In the entries below, find the lines that contain the word "unmounted" and copy them.
'''
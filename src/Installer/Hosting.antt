-- ===== src/Installer/Hosting.antt =====
-- What the node installer keeps of a host: the lock file with its binaries, and the configuration.
use runtime_class_manager.Base.{
  ◌<◌, ◌≡◌, ◌≢◌, refl, sym, ap, ◌∙◌, Bool, Option, some, List, [], ◌∷◌, Text, text_eq, All,
}
use runtime_class_manager.Machine.{Machine, FileInfo}
use runtime_class_manager.Machine.Laws.{IsLawful}
use runtime_class_manager.State.{lock_path}
use runtime_class_manager.State.Entry.{Shim}
use runtime_class_manager.State.Store.{with_entry, Holds, Holds-map}
use runtime_class_manager.State.Disk.{lock_content}
use runtime_class_manager.Shim
use runtime_class_manager.Shim.{runtime_name, dst_path, install}
use runtime_class_manager.Shim.Recording.{IsSource, recorded_shim, Installed}
use runtime_class_manager.Shim.Runs.{AreApart, AreStored, install-AreStored}
use runtime_class_manager.Containerd
use runtime_class_manager.Containerd.{add_runtime}
use runtime_class_manager.Containerd.File.{added}

abbrev pub Find : Type 0
Find = Text → Option (Option Shim)

module _ {W : Type 0} (m : Machine W) (L : IsLawful m.host_fs) (sc : Shim.Config)
    (cc : Containerd.Config) (IsBinary : Text → Type 0) where
  -- The map of the lock file and the configuration, after the files whose bytes are these.
  abbrev pub registered : List FileInfo → List Text → Find → Find
  registered [] bytes find = find
  registered (f ∷ fs) [] find = find
  registered (f ∷ fs) (b ∷ bytes) find =
      registered fs bytes (with_entry (runtime_name f.name) (recorded_shim m L sc f.name b) find)

  abbrev pub configured : List FileInfo → Text → Text
  configured [] old = old
  configured (f ∷ fs) old = configured fs (added cc (dst_path sc f.name) old)

  -- A file that is neither one of the binaries, nor the lock file, nor the configuration.
  abbrev pub IsOther : List FileInfo → Text → Type 0
  IsOther files q =
      All (λ f. q ≢ L.resolve (dst_path sc f.name)) files
      × (q ≢ L.resolve (lock_path sc.rcm_path))
      × (q ≢ L.resolve cc.config_path)

  -- The lock file records a map, every entry of which has its binary, and the configuration is this.
  pub record IsHost (find : Find) (config : Text) (w : W) : Type 0 where
    pub holds : Holds (lock_content m.host_fs L sc.rcm_path w) find
    pub stored : AreStored m L sc IsBinary find w
    pub conf : L.content w (L.resolve cc.config_path) ≡ some config

  -- The configuration is neither the lock file nor a binary.
  pub record IsApartFile : Type 0 where
    pub from_lock : L.resolve cc.config_path ≢ L.resolve (lock_path sc.rcm_path)
    pub from_binary : (a : Text) → IsBinary a → L.resolve cc.config_path ≢ L.resolve (dst_path sc a)

  module _ (apart : AreApart m L sc IsBinary) (alone : IsApartFile) (source : IsSource m L)
      (digest : (bytes : Text) → All (λ b. b < 256) (m.sha256 bytes)) where
    -- A change of the configuration alone.
    pub moved-IsHost :
        (find : Find) (old new : Text) (w w' : W)
        → ((q : Text) → q ≢ L.resolve cc.config_path → L.content w' q ≡ L.content w q)
        → L.content w' (L.resolve cc.config_path) ≡ some new
        → IsHost find old w
        → IsHost find new w'
    moved-IsHost find old new w w' kept written h = record {
      holds =
          Holds-map (kept (L.resolve (lock_path sc.rcm_path)) (λ e. alone.from_lock (sym e)))
            (λ n. refl) h.holds;
      stored = λ name s found.
          let i = h.stored name s found in
          record {
            bin = i.bin;
            bytes = i.bytes;
            bin-IsBinary = i.bin-IsBinary;
            named = i.named;
            located = i.located;
            copied =
                kept (L.resolve s.path)
                  (λ e. alone.from_binary i.bin i.bin-IsBinary (sym e ∙ ap L.resolve i.located))
                ∙ i.copied;
            hashed = i.hashed;
          };
      conf = written;
    }

    pub Installed-IsHost :
        (f : FileInfo) (find : Find) (config bytes : Text) (w : W) {r : _} {changed : Bool}
        → IsBinary f.name
        → IsHost find config w
        → Installed m L sc f.name find w r changed bytes
        → IsHost
            (with_entry (runtime_name f.name) (recorded_shim m L sc f.name bytes) find)
            config
            r.1
    Installed-IsHost f find config bytes w binary h i = record {
      holds = i.recorded;
      stored =
          install-AreStored m L sc IsBinary apart source digest find f.name bytes w binary h.stored
            i;
      conf =
          i.others (L.resolve cc.config_path) (alone.from_binary f.name binary) alone.from_lock
          ∙ h.conf;
    }
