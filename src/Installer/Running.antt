-- ===== src/Installer/Running.antt =====
-- `RunInstall` on a lawful file system, as updates of the map in the lock file and of containerd's
-- configuration.
use runtime_class_manager.Base.{
  length, ◌<◌, ◌≡◌, refl, sym, ap, ◌∙◌, inl, inr, Bool, false, ◌||◌, some, List, [], ◌∷◌, ◌++◌,
  Text, txt, text_eq, ◌==◌, ==_ne, ==_refl, ==_iff, arith, All, Bool-cases, if◌then◌else◌,
}
use mathlib.Core.Path.{subst, subst⁻¹}
use runtime_class_manager.Go.Outcome.{Outcome, ok, Action, wrap, pure, ◌>>◌}
use runtime_class_manager.Go.Outcome.Laws.{>>=_elim, wrap-eq-ok, wrap_world}
use runtime_class_manager.Machine.{Machine, FileInfo}
use runtime_class_manager.Machine.Laws.{IsLawful}
use runtime_class_manager.State.Store.{with_entry}
use runtime_class_manager.Shim
use runtime_class_manager.Shim.{runtime_name, dst_path, install}
use runtime_class_manager.Shim.Recording.{IsSource, recorded_shim, Installed}
use runtime_class_manager.Shim.Installation.{install-Installed}
use runtime_class_manager.Shim.Runs.{AreApart}
use runtime_class_manager.Containerd
use runtime_class_manager.Containerd.{add_runtime}
use runtime_class_manager.Containerd.File.{added, add_runtime-content}
use runtime_class_manager.Installer.{install_file, install_files}
use runtime_class_manager.Installer.Hosting.{
  Find, registered, configured, IsOther, IsHost, IsApartFile, moved-IsHost, Installed-IsHost,
}

module _ {W : Type 0} (m : Machine W) (L : IsLawful m.host_fs) (sc : Shim.Config)
    (cc : Containerd.Config) (IsBinary : Text → Type 0) where
  abbrev Host : Find → Text → W → Type 0
  Host = IsHost m L sc cc IsBinary

  abbrev Other : List FileInfo → Text → Type 0
  Other = IsOther m L sc cc IsBinary

  abbrev entries : List FileInfo → List Text → Find → Find
  entries = registered m L sc cc IsBinary

  abbrev configs : List FileInfo → Text → Text
  configs = configured m L sc cc IsBinary

  -- What an installation of the files leaves behind.
  pub record Ran (files : List FileInfo) (find : Find) (config : Text) (before w : W)
      (was changed : Bool) : Type 0 where
    -- the bytes of each of the files
    pub bytes : List Text
    pub sized : length bytes ≡ length files
    pub host : Host (entries files bytes find) (configs files config) w
    -- no news means that nothing was new, and that the lock file says what it said
    pub news : changed ≡ false → (was ≡ false) × ((n : Text) → entries files bytes find n ≡ find n)
    pub others : (q : Text) → Other files q → L.content w q ≡ L.content before q

  module _ (apart : AreApart m L sc IsBinary) (alone : IsApartFile m L sc cc IsBinary)
      (source : IsSource m L) (digest : (bytes : Text) → All (λ b. b < 256) (m.sha256 bytes)) where
    -- One file: its entry, the configuration, and what is news.
    record FileRan (f : FileInfo) (find : Find) (config : Text) (before : W) (r : Outcome Bool × W)
        : Type 0 where
      pub now : Bool
      pub bytes : Text
      pub result : r.0 ≡ ok now
      pub host :
          Host
            (with_entry (runtime_name f.name) (recorded_shim m L sc f.name bytes) find)
            (added cc (dst_path sc f.name) config)
            r.1
      pub known :
          now ≡ false → find (runtime_name f.name) ≡ some (some (recorded_shim m L sc f.name bytes))
      pub others : (q : Text) → Other (f ∷ []) q → L.content r.1 q ≡ L.content before q

    add_runtime-FileRan :
        (f : FileInfo) (find : Find) (config bytes : Text) (before w : W) (now : Bool)
        {r : Outcome (Text × Bool) × W}
        → Host (with_entry (runtime_name f.name) (recorded_shim m L sc f.name bytes) find) config w
        → Installed m L sc f.name find before r now bytes
        → ((q : Text) → L.content w q ≡ L.content r.1 q)
        → let add =
            wrap
              (txt "failed to write containerd config")
              (add_runtime m.host_fs cc (dst_path sc f.name)) in
          (add w).0 ≡ ok tt → FileRan f find config before (ok now, (add w).1)
    add_runtime-FileRan f find config bytes before w now {r} h i same went =
        let t = txt "failed to write containerd config" in
        let m' = add_runtime m.host_fs cc (dst_path sc f.name) in
        let change : (q : Text)
            → L.content (wrap t m' w).1 q ≡ (
                if q == L.resolve cc.config_path
                then some (added cc (dst_path sc f.name) config)
                else L.content w q) =
          λ q.
            ap (λ v. L.content v q) (wrap_world m' w t)
            ∙ add_runtime-content m.host_fs L cc (dst_path sc f.name) config w q h.conf
                (wrap-eq-ok m' w t went) in
        record {
          now = now;
          bytes = bytes;
          result = refl;
          host =
              moved-IsHost m L sc cc IsBinary apart alone source digest _ config
                (added cc (dst_path sc f.name) config) w (wrap t m' w).1
                (λ q other. change q ∙ rw (==_ne q (L.resolve cc.config_path) other) refl)
                (change (L.resolve cc.config_path) ∙ rw (==_refl (L.resolve cc.config_path)) refl)
                h;
          known = λ e. i.news.0 e;
          others = λ q (binaries, lock, conf).
              change q
              ∙ (rw (==_ne q (L.resolve cc.config_path) conf) (same q)
                  ∙ i.others q binaries.0 lock);
        }

    install_file-FileRan :
        (f : FileInfo) (find : Find) (config : Text) (w : W) {now : Bool}
        → IsBinary f.name
        → Host find config w
        → (install_file m sc cc f.name w).0 ≡ ok now
        → FileRan f find config w (install_file m sc cc f.name w)
    unfolding install_file
    install_file-FileRan f find config w binary h went =
        let t = txt "failed to install shim '" ++ (runtime_name f.name ++ txt "'") in
        let t' = txt "failed to write containerd config" in
        let inst = install m sc f.name in
        let w1 = (wrap t inst w).1 in
        let add : Text → Action W (Unit {0}) = λ p. wrap t' (add_runtime m.host_fs cc p) in
        >>=_elim (wrap t inst) (λ (p, now). add p >> pure now) w (FileRan f find config w) went
          (λ (p, now) got h1.
            >>=_elim (add p) (λ _. pure now) w1 (FileRan f find config w) h1
              (λ _ wrote _.
                let got' = wrap-eq-ok inst w t got in
                let (changed, bytes, i) =
                  install-Installed m L sc f.name (apart.from_lock f.name binary) source
                    (apart.name_ascii f.name binary) (apart.dst_ascii f.name binary) digest find w
                    h.holds got' in
                let same : (p, now) ≡ (dst_path sc f.name, changed) =
                  ground (arith, i.path, got') in
                let h' = subst⁻¹ (Host _ config) (wrap_world inst w t) (
                  Installed-IsHost m L sc cc IsBinary apart alone source digest f find config bytes
                    w binary h i) in
                let ran =
                  add_runtime-FileRan f find config bytes w w1 changed h' i
                    (λ q. ap (λ v. L.content v q) (wrap_world inst w t))
                    (subst (λ (p, _). (add p w1).0 ≡ ok tt) same wrote) in
                subst⁻¹ (λ (p, now). FileRan f find config w (ok now, (add p w1).1)) same ran))

    file-Ran :
        (f : FileInfo) (files : List FileInfo) (find : Find) (config : Text) (w w' : W)
        (was now changed : Bool) {r : Outcome Bool × W}
        → (fr : FileRan f find config w r) → fr.now ≡ now
        → Ran files
            (with_entry (runtime_name f.name) (recorded_shim m L sc f.name fr.bytes) find)
            (added cc (dst_path sc f.name) config)
            r.1
            w'
            (was || now)
            changed
        → Ran (f ∷ files) find config w w' was changed
    file-Ran f files find config w w' was now changed fr same rest = record {
      bytes = fr.bytes ∷ rest.bytes;
      sized = omega (arith, rest.sized);
      host = rest.host;
      news = λ e.
          let (neither, kept) = rest.news e in
          let old : now ≡ false = ground (arith, neither) in
          let known = fr.known (same ∙ old) in
          (
            ground (arith, neither),
            λ n. kept n ∙ (elim (Bool-cases (n == runtime_name f.name)) [
              | inl is ↦ rw is (sym known ∙ ap find (sym ((==_iff n (runtime_name f.name)).0 is)))
              | inr other ↦ rw other refl
            ]),
          );
      others = λ q (binaries, lock, conf).
          rest.others q (binaries.1, lock, conf) ∙ fr.others q ((binaries.0, tt), lock, conf);
    }

    pub install_files-Ran :
        (files : List FileInfo) (find : Find) (config : Text) (was : Bool) (w : W) {changed : Bool}
        → All (λ f. IsBinary f.name) files
        → Host find config w
        → (install_files m sc cc files was w).0 ≡ ok changed
        → Ran files find config w (install_files m sc cc files was w).1 was changed
    unfolding install_files
    install_files-Ran [] find config was w {changed} binaries h went =
        let same : was ≡ changed = ground arith in
        record {
          bytes = [];
          sized = refl;
          host = h;
          news = λ e. (same ∙ e, λ n. refl);
          others = λ q _. refl;
        }
    install_files-Ran (f ∷ files) find config was w {changed} binaries h went =
        >>=_elim (install_file m sc cc f.name) (λ now. install_files m sc cc files (was || now)) w
          (λ r. Ran (f ∷ files) find config w r.1 was changed) went
          (λ now got went'.
            let fr = install_file-FileRan f find config w binaries.0 h got in
            let same : fr.now ≡ now = ground (arith, fr.result, got) in
            let w1 = (install_file m sc cc f.name w).1 in
            file-Ran f files find config w (install_files m sc cc files (was || now) w1).1 was now
              changed fr same
              (install_files-Ran files _ _ (was || now) w1 binaries.1 fr.host went'))
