-- ===== src/Installer/Refinement.antt =====
-- `RunInstall` as a whole: the assets, the files, and the restart.
use runtime_class_manager.Base.{◌<◌, ◌≡◌, ◌⊎◌, Bool, true, false, List, Text, txt, text_eq, All}
use runtime_class_manager.Go.Outcome.{Outcome, ok, Action, wrap, ◌>>◌}
use runtime_class_manager.Machine.{Machine, FileInfo}
use runtime_class_manager.Machine.Laws.{IsLawful, Keeps}
use runtime_class_manager.Shim.Recording.{IsSource}
use runtime_class_manager.Shim.Runs.{AreApart}
use runtime_class_manager.Installer.{ensure_dbus}
use runtime_class_manager.Installer.Flags.{Config, containerd_config, shim_config}
use runtime_class_manager.Installer.Hosting.{Find, IsHost, IsApartFile}
use runtime_class_manager.Installer.Running.{Ran}

-- Looking at the assets changes no file of the host.
pub record IsCatalog {W : Type 0} (m : Machine W) (L : IsLawful m.host_fs) : Type 0 where
  pub stat-Keeps : (p : Text) → Keeps L.content (m.root_fs.stat p)
  pub read_dir-Keeps : (p : Text) → Keeps L.content (m.root_fs.read_dir p)

module _ {W : Type 0} (m : Machine W) (L : IsLawful m.host_fs) where
  module _ (config : Config) (IsBinary : Text → Type 0) (files : List FileInfo) (asset_path : Text)
      (apart : AreApart m L (shim_config config asset_path) IsBinary)
      (alone : IsApartFile m L (shim_config config asset_path) (containerd_config config) IsBinary)
      (source : IsSource m L) (catalog : IsCatalog m L)
      (digest : (bytes : Text) → All (λ b. b < 256) (m.sha256 bytes)) where
    abbrev Host : Find → Text → W → Type 0
    Host = IsHost m L (shim_config config asset_path) (containerd_config config) IsBinary

    -- What a run of the installer leaves behind: all files, and a restart exactly if there is news.
    pub record Completed (find : Find) (old : Text) (before : W) (restarter : Action W (Unit {0}))
        (r : Outcome (Unit {0}) × W) : Type 0 where
      pub changed : Bool
      pub after : W
      pub ran :
          Ran m L
            (shim_config config asset_path)
            (containerd_config config)
            IsBinary
            files
            find
            old
            before
            after
            false
            changed
      pub restarted :
          ((changed ≡ false) × (r ≡ (ok tt, after)))
          ⊎ ((changed ≡ true)
              × (r ≡ (ensure_dbus m >> wrap (txt "failed to restart containerd") restarter) after))
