-- ===== src/Installer/RefinementTests.antt =====
-- An installation of two shims on a host in memory with a containerd configuration.
use runtime_class_manager.Base.{◌≡◌, ◌⊎◌, true, none, List, [], ◌∷◌, Text, txt}
use runtime_class_manager.Go.Outcome.{pure, Action}
use runtime_class_manager.Machine.{Machine, FileInfo}
use runtime_class_manager.Machine.Memory.{Files, memory_machine, memory_fs, memory_fs-IsLawful}
use runtime_class_manager.Shim.{dst_path}
use runtime_class_manager.Shim.Runs.{AreApart}
use runtime_class_manager.Installer.Flags.{Config, default_config, shim_config}
use runtime_class_manager.Installer.Hosting.{Find}

abbrev digest : Text
digest = 109 ∷ 165 ∷ []

abbrev spin : Text
spin = txt "containerd-shim-spin"

abbrev wws : Text
wws = txt "containerd-shim-wws"

abbrev files : List FileInfo
files = record { name = spin; is_dir = true } ∷ record { name = wws; is_dir = true } ∷ []

-- The machine in memory, where every path is a directory of these files.
abbrev machine : Machine Files
machine = record memory_machine {
  root_fs = record memory_fs {
    stat = λ p. pure (record { name = p; is_dir = true });
    read_dir = λ p. pure files;
  };
  sha256 = λ _. digest;
}

abbrev config : Config
config = record default_config { config_path = txt "/etc/config.toml" }

abbrev old : Text
old = txt "version = 2\n"

abbrev host : Files
host =
    (txt "/assets/containerd-shim-spin", txt "binary")
    ∷ (txt "/assets/containerd-shim-wws", txt "another")
    ∷ (txt "/etc/config.toml", old)
    ∷ []

abbrev IsShim : Text → Type 0
IsShim a = (a ≡ spin) ⊎ (a ≡ wws)

abbrev Shims : Type 0
Shims = AreApart machine memory_fs-IsLawful (shim_config config (txt "/assets")) IsShim

abbrev dst : Text → Text
dst a = dst_path (shim_config config (txt "/assets")) a

abbrev none_recorded : Find
none_recorded _ = none

abbrev restarter : Action Files (Unit {0})
restarter = pure tt
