-- ===== src/Tester/Devices.antt =====
-- code/harness/Tester.cpp: the modules that Tester inserts and removes, its open devices, and
-- cleanup_harness. The system is the parameter Modules beside the Machine of Tester/Check.
pub mod Tracks
pub mod Calls
pub mod Mounts
pub mod Cleanup
use crashmonkey.Common.{Bool, true, false, Option, none, some}
use crashmonkey.Tester.Check.{Machine, State, mount_device, umount_device}
use crashmonkey.Sockets.{Fd}

pub data Module : Type 0 where
  cow_brd : Module
  disk_wrapper : Module

-- The commands that are run with `system`, with whether they return 0, open and close of
-- /dev/cow_ram0 and /dev/hwm, and unload_class of the permuter and of the test.
pub record Modules (G : Type 0) : Type 0 where
  pub insmod : G → Module → Bool × G
  pub rmmod : G → Module → Bool × G
  pub open_device : G → Module → Fd × G
  pub close : G → Fd → G
  pub unload_classes : G → G

pub data Code : Type 0 where
  harness_success : Code
  mnt_umnt_err : Code
  wrapper_insert_err : Code
  wrapper_remove_err : Code
  wrapper_open_dev_err : Code

-- Tester's fields for modules and devices.
pub record Harness (G : Type 0) : Type 0 where
  pub state : State G
  pub wrapper_inserted : Bool
  pub cow_brd_inserted : Bool
  pub cow_brd_fd : Fd
  pub ioctl_fd : Fd

unfoldable pub with_world : {G : Type 0} → Harness G → G → Harness G
with_world h g = record h { state = record (h.state) { world = g } }

-- What is kept of the result of a call.
unfoldable pub not_opened : {G : Type 0} → Harness G → Bool → Code × Harness G
not_opened h true = (harness_success, record h { cow_brd_inserted = true; cow_brd_fd = none })
not_opened h false = (wrapper_remove_err, record h { cow_brd_inserted = false; cow_brd_fd = none })

unfoldable pub removed_cow_brd : {G : Type 0} → Harness G → Bool → Code × Harness G
removed_cow_brd h true = (harness_success, h)
removed_cow_brd h false = (wrapper_remove_err, record h { cow_brd_inserted = true })

unfoldable pub inserted_wrapper : {G : Type 0} → Harness G → Bool → Code × Harness G
inserted_wrapper h true = (harness_success, record h { wrapper_inserted = true })
inserted_wrapper h false = (wrapper_insert_err, record h { wrapper_inserted = false })

unfoldable pub removed_wrapper : {G : Type 0} → Harness G → Bool → Code × Harness G
removed_wrapper h true = (harness_success, record h { wrapper_inserted = false })
removed_wrapper h false = (wrapper_remove_err, record h { wrapper_inserted = true })

unfoldable pub opened_wrapper : {G : Type 0} → Harness G → Fd → Code × Harness G
opened_wrapper h none = (wrapper_open_dev_err, record h { ioctl_fd = none })
opened_wrapper h (some f) = (harness_success, record h { ioctl_fd = some f })

unfoldable pub unmounted : {G : Type 0} → Harness G → Bool → Code × Harness G
unmounted h true = (harness_success, h)
unmounted h false = (mnt_umnt_err, h)

module _ {G : Type 0} (sys : Modules G) where
  -- What follows the open in insert_cow_brd.
  unfoldable pub opened_cow_brd : Harness G → Fd → Code × Harness G
  opened_cow_brd h (some f) =
      (harness_success, record h { cow_brd_inserted = true; cow_brd_fd = some f })
  opened_cow_brd h none =
      let (removed, g') = sys.rmmod h.state.world cow_brd in not_opened (with_world h g') removed

  unfoldable pub open_cow_brd : Harness G → Code × Harness G
  open_cow_brd h =
      let (fd, g') = sys.open_device h.state.world cow_brd in opened_cow_brd (with_world h g') fd

  unfoldable pub inserted_cow_brd : Harness G → Bool → Code × Harness G
  inserted_cow_brd h false = (wrapper_insert_err, record h { cow_brd_fd = none })
  inserted_cow_brd h true = open_cow_brd h

  -- The second argument is `cow_brd_fd`.
  unfoldable pub insert_cow_brd_at : Harness G → Fd → Code × Harness G
  insert_cow_brd_at h (some f) = open_cow_brd h
  insert_cow_brd_at h none =
      let (inserted, g') = sys.insmod h.state.world cow_brd in
      inserted_cow_brd (with_world h g') inserted

  unfoldable pub insert_cow_brd : Harness G → Code × Harness G
  insert_cow_brd h = insert_cow_brd_at h h.cow_brd_fd

  -- The second argument is `cow_brd_fd`.
  unfoldable pub close_cow_brd : Harness G → Fd → Harness G
  close_cow_brd h none = h
  close_cow_brd h (some f) = record (with_world h (sys.close h.state.world (some f))) {
    cow_brd_fd = none;
    cow_brd_inserted = false;
  }

  unfoldable pub rmmod_cow_brd : Harness G → Code × Harness G
  rmmod_cow_brd h =
      let (removed, g') = sys.rmmod h.state.world cow_brd in
      removed_cow_brd (with_world h g') removed

  -- The second argument is `cow_brd_inserted`.
  unfoldable pub remove_cow_brd_if : Harness G → Bool → Code × Harness G
  remove_cow_brd_if h false = (harness_success, h)
  remove_cow_brd_if h true = rmmod_cow_brd (close_cow_brd h h.cow_brd_fd)

  unfoldable pub remove_cow_brd : Harness G → Code × Harness G
  remove_cow_brd h = remove_cow_brd_if h h.cow_brd_inserted

  -- The second argument of this and the next is `wrapper_inserted`.
  unfoldable pub insert_wrapper_if : Harness G → Bool → Code × Harness G
  insert_wrapper_if h true = (harness_success, record h { wrapper_inserted = true })
  insert_wrapper_if h false =
      let (inserted, g') = sys.insmod h.state.world disk_wrapper in
      inserted_wrapper (with_world h g') inserted

  unfoldable pub insert_wrapper : Harness G → Code × Harness G
  insert_wrapper h = insert_wrapper_if h h.wrapper_inserted

  unfoldable pub remove_wrapper_if : Harness G → Bool → Code × Harness G
  remove_wrapper_if h false = (harness_success, record h { wrapper_inserted = false })
  remove_wrapper_if h true =
      let (removed, g') = sys.rmmod h.state.world disk_wrapper in
      removed_wrapper (with_world h g') removed

  unfoldable pub remove_wrapper : Harness G → Code × Harness G
  remove_wrapper h = remove_wrapper_if h h.wrapper_inserted

  unfoldable pub get_wrapper_ioctl : Harness G → Code × Harness G
  get_wrapper_ioctl h =
      let (fd, g') = sys.open_device h.state.world disk_wrapper in
      opened_wrapper (with_world h g') fd

  -- The second argument is `ioctl_fd`.
  unfoldable pub put_wrapper_ioctl_at : Harness G → Fd → Harness G
  put_wrapper_ioctl_at h none = h
  put_wrapper_ioctl_at h (some f) = record (with_world h (sys.close h.state.world (some f))) {
    ioctl_fd = none;
  }

  unfoldable pub put_wrapper_ioctl : Harness G → Harness G
  put_wrapper_ioctl h = put_wrapper_ioctl_at h h.ioctl_fd

  unfoldable pub unload : Harness G → Harness G
  unload h = with_world h (sys.unload_classes h.state.world)

unfoldable pub is_success : Code → Bool
is_success harness_success = true
is_success err = false

module _ {G : Type 0} (os : Machine G) (sys : Modules G) where
  -- umount_device of the whole Tester.
  unfoldable pub umount_harness : Harness G → Code × Harness G
  umount_harness h =
      let (umounts, s') = umount_device os h.state in unmounted (record h { state = s' }) umounts

  -- mount_device of the whole Tester.
  unfoldable pub mount_harness : Harness G → Bool × Harness G
  mount_harness h = let (mounts, s') = mount_device os h.state in (mounts, record h { state = s' })

  -- `if (… != SUCCESS) { …; return; }`: what comes next, if the step before succeeded.
  unfoldable pub go_on : Code × Harness G → (Harness G → Harness G) → Harness G
  go_on p next = elim (is_success p.0) [ true ↦ next p.1 | false ↦ unload sys p.1 ]

  -- Each of its ways out ends with both unload_class calls.
  unfoldable pub cleanup_harness : Harness G → Harness G
  cleanup_harness h =
      go_on (umount_harness h)
        λ h1. go_on (remove_wrapper sys h1) λ h2. go_on (remove_cow_brd sys h2) (unload sys)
'''
* **Completed exercise**:
unfoldable pub unmounted : {G : Type 0} → Harness G → Bool → Code × Harness G
unmounted h true = (harness_success, h)
unmounted h false = (mnt_umnt_err, h)
      let (umounts, s') = umount_device os h.state in unmounted (record h { state = s' }) umounts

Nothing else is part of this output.